## Required work
Return, word for word, the line containing "-- Sorting and merging ranges, each" and every line after it through the last line of the records below.

## Collection entries
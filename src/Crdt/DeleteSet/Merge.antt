-- ===== src/Crdt/DeleteSet/Merge.antt =====
-- Sorting and merging ranges keeps what they cover, and leaves them apart and in order.
use crdt_server.Base.{
  ℕ, ◌+◌, ◌^◌, ◌<◌, ◌≤◌, ◌≡◌, refl, sym, ap, ◌∙◌, List, [], ◌∷◌, Bool, true, false, ◌&&◌, ◌||◌, ltb,
  leb, All, arith, inl, inr, Bool-cases,
}
use crdt_server.Crdt.DeleteSet.{
  DeleteRange, end_of, insert_range, sort_ranges, extend, merge_from, merge,
}

-- clock ≤ c < end
abbrev pub in_range : DeleteRange → ℕ → Bool
in_range r c = leb r.clock c && ltb c (end_of r)

unfoldable pub covers : List DeleteRange → ℕ → Bool
covers [] c = false
covers (r ∷ rs) c = in_range r c || covers rs c

-- A range that ends at a clock that a uint64 holds.
abbrev pub IsBounded : DeleteRange → Type 0
IsBounded r = r.clock + r.len < 2 ^ 64

-- Every range starts at or behind `c`, in order of the clocks.
unfoldable pub IsSortedFrom : ℕ → List DeleteRange → Type 0
IsSortedFrom c [] = Unit {0}
IsSortedFrom c (r ∷ rs) = (c ≤ r.clock) × IsSortedFrom r.clock rs

-- Every range starts behind the end of the range before it, and not at it.
unfoldable pub IsApartFrom : ℕ → List DeleteRange → Type 0
IsApartFrom e [] = Unit {0}
IsApartFrom e (r ∷ rs) = (e < r.clock) × IsApartFrom (end_of r) rs

pub covers-cons :
    (r : DeleteRange) (rs : List DeleteRange) (c : ℕ)
    → covers (r ∷ rs) c ≡ (in_range r c || covers rs c)
unfolding covers
covers-cons r rs c = refl

covers-insert_range :
    (r : DeleteRange) (rs : List DeleteRange) (c : ℕ)
    → covers (insert_range r rs) c ≡ (in_range r c || covers rs c)
unfolding covers insert_range
covers-insert_range r [] c = refl
covers-insert_range r (x ∷ xs) c = ground (arith, covers-insert_range r xs c)

pub covers-sort_ranges : (rs : List DeleteRange) (c : ℕ) → covers (sort_ranges rs) c ≡ covers rs c
unfolding covers sort_ranges
covers-sort_ranges [] c = refl
covers-sort_ranges (r ∷ rs) c =
    covers-insert_range r (sort_ranges rs) c ∙ ap (λ b. in_range r c || b) (covers-sort_ranges rs c)

insert_range-IsSortedFrom :
    (r : DeleteRange) (rs : List DeleteRange) (c : ℕ)
    → c ≤ r.clock
    → IsSortedFrom c rs
    → IsSortedFrom c (insert_range r rs)
unfolding insert_range IsSortedFrom
insert_range-IsSortedFrom r [] c h s = (h, tt)
insert_range-IsSortedFrom r (x ∷ xs) c h (hx, s) = elim (Bool-cases (ltb x.clock r.clock)) [
  | inl b ↦ rw b (hx, insert_range-IsSortedFrom r xs x.clock (ground arith) s)
  | inr b ↦ rw b (h, (ground arith, s))
]

pub sort_ranges-IsSortedFrom : (rs : List DeleteRange) → IsSortedFrom 0 (sort_ranges rs)
unfolding sort_ranges IsSortedFrom
sort_ranges-IsSortedFrom [] = tt
sort_ranges-IsSortedFrom (r ∷ rs) =
    insert_range-IsSortedFrom r (sort_ranges rs) 0 (omega arith) (sort_ranges-IsSortedFrom rs)

insert_range-All :
    (r : DeleteRange) (rs : List DeleteRange)
    → IsBounded r
    → All IsBounded rs
    → All IsBounded (insert_range r rs)
unfolding insert_range
insert_range-All r [] h hs = (h, tt)
insert_range-All r (x ∷ xs) h (hx, hs) = elim (Bool-cases (ltb x.clock r.clock)) [
  | inl b ↦ rw b (hx, insert_range-All r xs h hs)
  | inr b ↦ rw b (h, (hx, hs))
]

pub sort_ranges-All : (rs : List DeleteRange) → All IsBounded rs → All IsBounded (sort_ranges rs)
unfolding sort_ranges
sort_ranges-All [] h = tt
sort_ranges-All (r ∷ rs) (h, hs) = insert_range-All r (sort_ranges rs) h (sort_ranges-All rs hs)

extend-IsBounded :
    (last r : DeleteRange)
    → IsBounded last
    → IsBounded r
    → last.clock ≤ r.clock
    → IsBounded (extend last r)
unfolding extend
extend-IsBounded last r hl hr h = ground arith

in_range-extend :
    (last r : DeleteRange) (c : ℕ)
    → IsBounded last
    → IsBounded r
    → last.clock ≤ r.clock
    → r.clock ≤ end_of last
    → in_range (extend last r) c ≡ (in_range last c || in_range r c)
unfolding extend
in_range-extend last r c hl hr h e = ground arith

clock-extend : (last r : DeleteRange) → (extend last r).clock ≡ last.clock
unfolding extend
clock-extend last r = ground arith

or_assoc : (a b c : Bool) → ((a || b) || c) ≡ (a || (b || c))
or_assoc true b c = refl
or_assoc false b c = refl

IsSortedFrom-weaken :
    {c d : ℕ} (rs : List DeleteRange) → c ≤ d → IsSortedFrom d rs → IsSortedFrom c rs
unfolding IsSortedFrom
IsSortedFrom-weaken [] h s = tt
IsSortedFrom-weaken (r ∷ rs) h (o, s) = (omega (arith, h, o), s)

merge_from-IsBounded :
    (rs : List DeleteRange) (last : DeleteRange)
    → IsBounded last
    → IsSortedFrom last.clock rs
    → All IsBounded rs
    → All IsBounded (merge_from last rs)
unfolding merge_from IsSortedFrom
merge_from-IsBounded [] last h s hs = (h, tt)
merge_from-IsBounded (r ∷ rs) last h (o, s) (hr, hs) =
    elim (Bool-cases (leb r.clock (end_of last))) [
      | inl b ↦ rw b (
          merge_from-IsBounded rs (extend last r) (extend-IsBounded last r h hr o)
            (rw clock-extend (IsSortedFrom-weaken rs o s)) hs)
      | inr b ↦ rw b (h, merge_from-IsBounded rs r hr s hs)
    ]

covers-merge_from :
    (rs : List DeleteRange) (last : DeleteRange) (c : ℕ)
    → IsBounded last
    → IsSortedFrom last.clock rs
    → All IsBounded rs
    → covers (merge_from last rs) c ≡ (in_range last c || covers rs c)
unfolding merge_from IsSortedFrom covers
covers-merge_from [] last c h s hs = refl
covers-merge_from (r ∷ rs) last c h (o, s) (hr, hs) =
    elim (Bool-cases (leb r.clock (end_of last))) [
      | inl b ↦ rw b (
          covers-merge_from rs (extend last r) c (extend-IsBounded last r h hr o)
            (rw clock-extend (IsSortedFrom-weaken rs o s)) hs
          ∙ ap (λ x. x || covers rs c) (in_range-extend last r c h hr o (ground arith))
          ∙ or_assoc (in_range last c) (in_range r c) (covers rs c))
      | inr b ↦ rw b (ap (λ x. in_range last c || x) (covers-merge_from rs r c hr s hs))
    ]

merge_from-IsApartFrom :
    (rs : List DeleteRange) (last : DeleteRange) (e : ℕ)
    → e < last.clock
    → IsApartFrom e (merge_from last rs)
unfolding merge_from IsApartFrom
merge_from-IsApartFrom [] last e h = (h, tt)
merge_from-IsApartFrom (r ∷ rs) last e h = elim (Bool-cases (leb r.clock (end_of last))) [
  | inl b ↦ rw b (merge_from-IsApartFrom rs (extend last r) e (rw clock-extend h))
  | inr b ↦ rw b (h, merge_from-IsApartFrom rs r (end_of last) (ground arith))
]

-- The normal form: each range ends before the next one starts, with a gap.
unfoldable pub IsNormal : List DeleteRange → Type 0
IsNormal [] = Unit {0}
IsNormal (r ∷ rs) = IsApartFrom (end_of r) rs

merge_from-IsNormal : (rs : List DeleteRange) (last : DeleteRange) → IsNormal (merge_from last rs)
unfolding merge_from IsNormal IsApartFrom
merge_from-IsNormal [] last = tt
merge_from-IsNormal (r ∷ rs) last = elim (Bool-cases (leb r.clock (end_of last))) [
  | inl b ↦ rw b (merge_from-IsNormal rs (extend last r))
  | inr b ↦ rw b (merge_from-IsApartFrom rs r (end_of last) (ground arith))
]

merge_lem :
    (rs : List DeleteRange)
    → IsSortedFrom 0 rs
    → All IsBounded rs
    → IsNormal (merge rs) × All IsBounded (merge rs) × ((c : ℕ) → covers (merge rs) c ≡ covers rs c)
unfolding merge IsNormal IsSortedFrom
merge_lem [] s h = (tt, tt, λ c. refl)
merge_lem (r ∷ rs) (_, s) (hr, hs) = (
  merge_from-IsNormal rs r,
  merge_from-IsBounded rs r hr s hs,
  λ c. covers-merge_from rs r c hr s hs ∙ sym (covers-cons r rs c),
)

-- Sorting and merging ranges, each of which ends below 2^64, gives ranges in normal form that cover
-- the same clocks.
pub merge-sort_ranges :
    (rs : List DeleteRange)
    → All IsBounded rs
    → IsNormal (merge (sort_ranges rs))
      × All IsBounded (merge (sort_ranges rs))
      × ((c : ℕ) → covers (merge (sort_ranges rs)) c ≡ covers rs c)
merge-sort_ranges rs h =
    let (n, b, c) =
      merge_lem (sort_ranges rs) (sort_ranges-IsSortedFrom rs) (sort_ranges-All rs h) in
    (n, b, λ x. c x ∙ covers-sort_ranges rs x)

## Exercise output
-- Sorting and merging ranges, each of which ends below 2^64, gives ranges in normal form that cover
-- the same clocks.
pub merge-sort_ranges :
    (rs : List DeleteRange)
    → All IsBounded rs
    → IsNormal (merge (sort_ranges rs))
      × All IsBounded (merge (sort_ranges rs))
      × ((c : ℕ) → covers (merge (sort_ranges rs)) c ≡ covers rs c)
merge-sort_ranges rs h =
    let (n, b, c) =
      merge_lem (sort_ranges rs) (sort_ranges-IsSortedFrom rs) (sort_ranges-All rs h) in
    (n, b, λ x. c x ∙ covers-sort_ranges rs x)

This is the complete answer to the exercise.